This exercise calls for an exact copy of the data below.

[Opening Source records section]

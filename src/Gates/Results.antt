-- ===== src/Gates/Results.antt =====
-- scripts/pd_fleet/gates.py, GateResult: the construction, the transitions and the mapping that is
-- written. A transition gives the gate as the call leaves it, with whether the call raises.
use project_development_skil.Base.{
  String, Bool, true, false, not, ◌&&◌, ◌||◌, Option, none, some, str_eq, if◌then◌else◌,
}
use project_development_skil.Store.Batch.{mem}
use project_development_skil.Fallible.{◌>>=◌, ◌>>◌, require}
use project_development_skil.Value.{Value, Fields, null, string, arr, obj, end, field, nil, get}
use project_development_skil.Gates.{
  GateStatus, GateResult, passed, failed, gate_types, value, allowed, safe_list, references,
  safe_fields, required_text, optional_text, status_of, or_else, passes_gate_contract, is_passed,
  is_given,
}

unfoldable pub fields : Value → Option Fields
unfolding safe_fields
fields (obj fs) = safe_fields fs
fields _ = none

-- The fields of a result as they are given
pub record Given : Type 0 where
  pub gate_id : Value
  pub gate_type : Value
  pub status : Value
  pub owner : Value
  pub decision : Value
  pub blockers : Value
  pub evidence : Value
  pub reports : Value
  pub details : Value

-- GateResult.__post_init__: the fields it normalises
unfoldable pub normalised : Given → Option GateResult
unfolding required_text optional_text status_of safe_list references fields
normalised v = do
  gate_id ← required_text v.gate_id
  gate_type ← required_text v.gate_type
  require (mem gate_type gate_types)
  status ← status_of v.status
  owner ← optional_text v.owner
  decision ← optional_text v.decision
  blockers ← safe_list v.blockers
  evidence ← references v.evidence
  reports ← references v.reports
  details ← fields v.details
  some (record {
    gate_id = gate_id;
    gate_type = gate_type;
    status = status;
    owner = owner;
    decision = decision;
    blockers = blockers;
    evidence = evidence;
    reports = reports;
    details = details;
  })

-- Its last test: a result that is passed has what that takes.
unfoldable pub honest : GateResult → Bool
unfolding passes_gate_contract
honest g = not (is_passed g.status) || passes_gate_contract g

unfoldable pub gate_result : Given → Option GateResult
unfolding normalised honest
gate_result v = do g ← normalised v; require (honest g); some g

-- value.get(name, default)
abbrev pub or_value : Option Value → Value → Value
or_value none v = v
or_value (some w) v = w

abbrev pub given : Fields → Given
unfolding get
given fs = record {
  gate_id = or_value (or_else (get "gate_id" fs) (get "id" fs)) null;
  gate_type =
      or_value (or_else (get "gate_type" fs) (or_else (get "kind" fs) (get "type" fs))) null;
  status = or_value (get "status" fs) (string "pending");
  owner = or_value (get "owner" fs) null;
  decision = or_value (get "decision" fs) null;
  blockers = or_value (get "blockers" fs) (arr nil);
  evidence = or_value (or_else (get "evidence" fs) (get "evidence_refs" fs)) (arr nil);
  reports = or_value (get "reports" fs) (arr nil);
  details = or_value (get "details" fs) (obj end);
}

-- GateResult.from_dict
unfoldable pub from_dict : Value → Option GateResult
unfolding gate_result get
from_dict (obj fs) = gate_result (given fs)
from_dict _ = none

abbrev pub or_null : Option String → Value
or_null none = null
or_null (some s) = string s

-- GateResult.to_dict
unfoldable pub to_dict : GateResult → Value
to_dict g = obj (
    field "gate_id" (string g.gate_id) (
      field "gate_type" (string g.gate_type) (
        field "status" (string (value g.status)) (
          field "owner" (or_null g.owner) (
            field "decision" (or_null g.decision) (
              field "blockers" (arr g.blockers) (
                field "evidence" (arr g.evidence)
                  (field "reports" (arr g.reports) (field "details" (obj g.details) end)))))))))

-- {**details, key: value}
unfoldable pub with_field : String → Value → Fields → Fields
with_field k v end = field k v end
with_field k v (field j w fs) =
    let rest = with_field k v fs in if str_eq j k then field j v fs else field j w rest

pub record Call : Type 0 where
  pub gate : GateResult
  pub raises : Bool

abbrev pub returned : GateResult → Call
returned g = record { gate = g; raises = false }

abbrev pub raised : GateResult → Call
raised g = record { gate = g; raises = true }

-- The end of a transition, when the status is set already
unfoldable pub with_reason : Value → GateResult → Call
unfolding required_text with_field
with_reason null g = returned g
with_reason v g = elim (required_text v) [
  | none ↦ raised g
  | some s ↦ returned (record g { details = with_field "reason" (string s) g.details })
]

abbrev pub is_final : GateStatus → Bool
is_final passed = true
is_final failed = true
is_final _ = false

unfoldable pub move : GateStatus → Value → GateResult → Call
unfolding passes_gate_contract with_reason
move target reason g =
    if not (allowed g.status target)
    then raised g
    else if is_final target && (not (is_given g.owner) || not (is_given g.decision))
    then raised g
    else if is_passed target && not (passes_gate_contract g)
    then raised g
    else with_reason reason (record g { status = target })

-- GateResult.transition
unfoldable pub transition : Value → Value → GateResult → Call
unfolding status_of move
transition target reason g = elim (status_of target) [ none ↦ raised g | some t ↦ move t reason g ]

[Closing Source records section]

■ Exercise output:
filename src/Gates/Results.antt
-- ===== src/Gates/Results.antt =====
-- scripts/pd_fleet/gates.py, GateResult: the construction, the transitions and the mapping that is
-- written. A transition gives the gate as the call leaves it, with whether the call raises.
use project_development_skil.Base.{
  String, Bool, true, false, not, ◌&&◌, ◌||◌, Option, none, some, str_eq, if◌then◌else◌,
}
use project_development_skil.Store.Batch.{mem}
use project_development_skil.Fallible.{◌>>=◌, ◌>>◌, require}
use project_development_skil.Value.{Value, Fields, null, string, arr, obj, end, field, nil, get}
use project_development_skil.Gates.{
  GateStatus, GateResult, passed, failed, gate_types, value, allowed, safe_list, references,
  safe_fields, required_text, optional_text, status_of, or_else, passes_gate_contract, is_passed,
  is_given,
}

unfoldable pub fields : Value → Option Fields
unfolding safe_fields
fields (obj fs) = safe_fields fs
fields _ = none

-- The fields of a result as they are given
pub record Given : Type 0 where
  pub gate_id : Value
  pub gate_type : Value
  pub status : Value
  pub owner : Value
  pub decision : Value
  pub blockers : Value
  pub evidence : Value
  pub reports : Value
  pub details : Value

-- GateResult.__post_init__: the fields it normalises
unfoldable pub normalised : Given → Option GateResult
unfolding required_text optional_text status_of safe_list references fields
normalised v = do
  gate_id ← required_text v.gate_id
  gate_type ← required_text v.gate_type
  require (mem gate_type gate_types)
  status ← status_of v.status
  owner ← optional_text v.owner
  decision ← optional_text v.decision
  blockers ← safe_list v.blockers
  evidence ← references v.evidence
  reports ← references v.reports
  details ← fields v.details
  some (record {
    gate_id = gate_id;
    gate_type = gate_type;
    status = status;
    owner = owner;
    decision = decision;
    blockers = blockers;
    evidence = evidence;
    reports = reports;
    details = details;
  })

-- Its last test: a result that is passed has what that takes.
unfoldable pub honest : GateResult → Bool
unfolding passes_gate_contract
honest g = not (is_passed g.status) || passes_gate_contract g

unfoldable pub gate_result : Given → Option GateResult
unfolding normalised honest
gate_result v = do g ← normalised v; require (honest g); some g

-- value.get(name, default)
abbrev pub or_value : Option Value → Value → Value
or_value none v = v
or_value (some w) v = w

abbrev pub given : Fields → Given
unfolding get
given fs = record {
  gate_id = or_value (or_else (get "gate_id" fs) (get "id" fs)) null;
  gate_type =
      or_value (or_else (get "gate_type" fs) (or_else (get "kind" fs) (get "type" fs))) null;
  status = or_value (get "status" fs) (string "pending");
  owner = or_value (get "owner" fs) null;
  decision = or_value (get "decision" fs) null;
  blockers = or_value (get "blockers" fs) (arr nil);
  evidence = or_value (or_else (get "evidence" fs) (get "evidence_refs" fs)) (arr nil);
  reports = or_value (get "reports" fs) (arr nil);
  details = or_value (get "details" fs) (obj end);
}

-- GateResult.from_dict
unfoldable pub from_dict : Value → Option GateResult
unfolding gate_result get
from_dict (obj fs) = gate_result (given fs)
from_dict _ = none

abbrev pub or_null : Option String → Value
or_null none = null
or_null (some s) = string s

-- GateResult.to_dict
unfoldable pub to_dict : GateResult → Value
to_dict g = obj (
    field "gate_id" (string g.gate_id) (
      field "gate_type" (string g.gate_type) (
        field "status" (string (value g.status)) (
          field "owner" (or_null g.owner) (
            field "decision" (or_null g.decision) (
              field "blockers" (arr g.blockers) (
                field "evidence" (arr g.evidence)
                  (field "reports" (arr g.reports) (field "details" (obj g.details) end)))))))))

-- {**details, key: value}
unfoldable pub with_field : String → Value → Fields → Fields
with_field k v end = field k v end
with_field k v (field j w fs) =
    let rest = with_field k v fs in if str_eq j k then field j v fs else field j w rest

pub record Call : Type 0 where
  pub gate : GateResult
  pub raises : Bool

abbrev pub returned : GateResult → Call
returned g = record { gate = g; raises = false }

abbrev pub raised : GateResult → Call
raised g = record { gate = g; raises = true }

-- The end of a transition, when the status is set already
unfoldable pub with_reason : Value → GateResult → Call
unfolding required_text with_field
with_reason null g = returned g
with_reason v g = elim (required_text v) [
  | none ↦ raised g
  | some s ↦ returned (record g { details = with_field "reason" (string s) g.details })
]

abbrev pub is_final : GateStatus → Bool
is_final passed = true
is_final failed = true
is_final _ = false

unfoldable pub move : GateStatus → Value → GateResult → Call
unfolding passes_gate_contract with_reason
move target reason g =
    if not (allowed g.status target)
    then raised g
    else if is_final target && (not (is_given g.owner) || not (is_given g.decision))
    then raised g
    else if is_passed target && not (passes_gate_contract g)
    then raised g
    else with_reason reason (record g { status = target })

-- GateResult.transition
unfoldable pub transition : Value → Value → GateResult → Call
unfolding status_of move
transition target reason g = elim (status_of target) [ none ↦ raised g | some t ↦ move t reason g ]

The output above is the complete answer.